**Task item**
Your task is to set down the records below again, exactly.

Stored data
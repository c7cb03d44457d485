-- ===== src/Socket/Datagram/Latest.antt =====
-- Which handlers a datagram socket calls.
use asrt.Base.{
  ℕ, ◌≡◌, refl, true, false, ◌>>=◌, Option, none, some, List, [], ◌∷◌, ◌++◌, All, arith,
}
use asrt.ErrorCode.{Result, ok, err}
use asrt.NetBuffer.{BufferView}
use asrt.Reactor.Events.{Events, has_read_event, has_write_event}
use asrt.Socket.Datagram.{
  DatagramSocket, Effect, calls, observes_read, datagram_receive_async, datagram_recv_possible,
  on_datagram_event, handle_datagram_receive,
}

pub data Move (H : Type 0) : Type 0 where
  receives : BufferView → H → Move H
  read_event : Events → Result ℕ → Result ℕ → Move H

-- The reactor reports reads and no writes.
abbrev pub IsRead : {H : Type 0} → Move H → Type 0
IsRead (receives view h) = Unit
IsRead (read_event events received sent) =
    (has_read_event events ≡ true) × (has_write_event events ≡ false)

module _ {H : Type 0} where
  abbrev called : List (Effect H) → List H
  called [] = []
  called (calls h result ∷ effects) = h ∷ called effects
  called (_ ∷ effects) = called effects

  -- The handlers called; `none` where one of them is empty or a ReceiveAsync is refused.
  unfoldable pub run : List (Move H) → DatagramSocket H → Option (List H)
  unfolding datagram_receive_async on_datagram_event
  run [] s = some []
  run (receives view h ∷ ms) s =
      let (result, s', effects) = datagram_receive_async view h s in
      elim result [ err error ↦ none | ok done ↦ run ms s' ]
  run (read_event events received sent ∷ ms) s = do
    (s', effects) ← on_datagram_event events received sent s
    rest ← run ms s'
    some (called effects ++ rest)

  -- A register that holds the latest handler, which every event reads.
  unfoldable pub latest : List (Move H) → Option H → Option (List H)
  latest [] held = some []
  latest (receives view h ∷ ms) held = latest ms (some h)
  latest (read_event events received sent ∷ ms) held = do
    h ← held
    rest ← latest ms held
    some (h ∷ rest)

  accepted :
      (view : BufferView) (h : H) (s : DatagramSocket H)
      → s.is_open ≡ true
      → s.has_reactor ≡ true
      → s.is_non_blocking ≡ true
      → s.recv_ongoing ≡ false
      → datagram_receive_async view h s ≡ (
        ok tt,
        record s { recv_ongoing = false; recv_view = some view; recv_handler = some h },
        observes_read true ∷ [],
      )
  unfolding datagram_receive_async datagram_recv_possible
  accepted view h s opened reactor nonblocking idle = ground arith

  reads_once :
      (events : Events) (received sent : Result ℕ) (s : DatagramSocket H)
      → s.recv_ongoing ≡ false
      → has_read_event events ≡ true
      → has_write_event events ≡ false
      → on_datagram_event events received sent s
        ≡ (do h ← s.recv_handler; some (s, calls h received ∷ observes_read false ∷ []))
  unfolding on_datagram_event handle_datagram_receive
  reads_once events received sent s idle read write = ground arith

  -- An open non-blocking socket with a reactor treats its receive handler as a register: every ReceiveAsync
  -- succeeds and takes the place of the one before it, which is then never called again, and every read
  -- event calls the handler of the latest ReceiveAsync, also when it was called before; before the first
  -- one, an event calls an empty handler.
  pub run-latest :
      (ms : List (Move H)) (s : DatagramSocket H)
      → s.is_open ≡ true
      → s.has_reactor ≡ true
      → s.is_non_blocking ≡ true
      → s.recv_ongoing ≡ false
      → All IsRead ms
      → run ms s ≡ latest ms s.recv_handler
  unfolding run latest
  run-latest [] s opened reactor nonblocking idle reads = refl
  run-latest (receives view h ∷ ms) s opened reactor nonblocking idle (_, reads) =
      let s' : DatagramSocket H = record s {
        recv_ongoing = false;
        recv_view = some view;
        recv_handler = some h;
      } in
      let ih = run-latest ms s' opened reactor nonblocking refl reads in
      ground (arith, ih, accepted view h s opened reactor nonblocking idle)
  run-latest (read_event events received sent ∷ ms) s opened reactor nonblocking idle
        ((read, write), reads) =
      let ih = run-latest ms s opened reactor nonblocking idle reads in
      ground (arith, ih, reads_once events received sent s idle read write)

**Answer**
repository c7cb03d44457d485
-- ===== src/Socket/Datagram/Latest.antt =====
-- Which handlers a datagram socket calls.
use asrt.Base.{
  ℕ, ◌≡◌, refl, true, false, ◌>>=◌, Option, none, some, List, [], ◌∷◌, ◌++◌, All, arith,
}
use asrt.ErrorCode.{Result, ok, err}
use asrt.NetBuffer.{BufferView}
use asrt.Reactor.Events.{Events, has_read_event, has_write_event}
use asrt.Socket.Datagram.{
  DatagramSocket, Effect, calls, observes_read, datagram_receive_async, datagram_recv_possible,
  on_datagram_event, handle_datagram_receive,
}

pub data Move (H : Type 0) : Type 0 where
  receives : BufferView → H → Move H
  read_event : Events → Result ℕ → Result ℕ → Move H

-- The reactor reports reads and no writes.
abbrev pub IsRead : {H : Type 0} → Move H → Type 0
IsRead (receives view h) = Unit
IsRead (read_event events received sent) =
    (has_read_event events ≡ true) × (has_write_event events ≡ false)

module _ {H : Type 0} where
  abbrev called : List (Effect H) → List H
  called [] = []
  called (calls h result ∷ effects) = h ∷ called effects
  called (_ ∷ effects) = called effects

  -- The handlers called; `none` where one of them is empty or a ReceiveAsync is refused.
  unfoldable pub run : List (Move H) → DatagramSocket H → Option (List H)
  unfolding datagram_receive_async on_datagram_event
  run [] s = some []
  run (receives view h ∷ ms) s =
      let (result, s', effects) = datagram_receive_async view h s in
      elim result [ err error ↦ none | ok done ↦ run ms s' ]
  run (read_event events received sent ∷ ms) s = do
    (s', effects) ← on_datagram_event events received sent s
    rest ← run ms s'
    some (called effects ++ rest)

  -- A register that holds the latest handler, which every event reads.
  unfoldable pub latest : List (Move H) → Option H → Option (List H)
  latest [] held = some []
  latest (receives view h ∷ ms) held = latest ms (some h)
  latest (read_event events received sent ∷ ms) held = do
    h ← held
    rest ← latest ms held
    some (h ∷ rest)

  accepted :
      (view : BufferView) (h : H) (s : DatagramSocket H)
      → s.is_open ≡ true
      → s.has_reactor ≡ true
      → s.is_non_blocking ≡ true
      → s.recv_ongoing ≡ false
      → datagram_receive_async view h s ≡ (
        ok tt,
        record s { recv_ongoing = false; recv_view = some view; recv_handler = some h },
        observes_read true ∷ [],
      )
  unfolding datagram_receive_async datagram_recv_possible
  accepted view h s opened reactor nonblocking idle = ground arith

  reads_once :
      (events : Events) (received sent : Result ℕ) (s : DatagramSocket H)
      → s.recv_ongoing ≡ false
      → has_read_event events ≡ true
      → has_write_event events ≡ false
      → on_datagram_event events received sent s
        ≡ (do h ← s.recv_handler; some (s, calls h received ∷ observes_read false ∷ []))
  unfolding on_datagram_event handle_datagram_receive
  reads_once events received sent s idle read write = ground arith

  -- An open non-blocking socket with a reactor treats its receive handler as a register: every ReceiveAsync
  -- succeeds and takes the place of the one before it, which is then never called again, and every read
  -- event calls the handler of the latest ReceiveAsync, also when it was called before; before the first
  -- one, an event calls an empty handler.
  pub run-latest :
      (ms : List (Move H)) (s : DatagramSocket H)
      → s.is_open ≡ true
      → s.has_reactor ≡ true
      → s.is_non_blocking ≡ true
      → s.recv_ongoing ≡ false
      → All IsRead ms
      → run ms s ≡ latest ms s.recv_handler
  unfolding run latest
  run-latest [] s opened reactor nonblocking idle reads = refl
  run-latest (receives view h ∷ ms) s opened reactor nonblocking idle (_, reads) =
      let s' : DatagramSocket H = record s {
        recv_ongoing = false;
        recv_view = some view;
        recv_handler = some h;
      } in
      let ih = run-latest ms s' opened reactor nonblocking refl reads in
      ground (arith, ih, accepted view h s opened reactor nonblocking idle)
  run-latest (read_event events received sent ∷ ms) s opened reactor nonblocking idle
        ((read, write), reads) =
      let ih = run-latest ms s opened reactor nonblocking idle reads in
      ground (arith, ih, reads_once events received sent s idle read write)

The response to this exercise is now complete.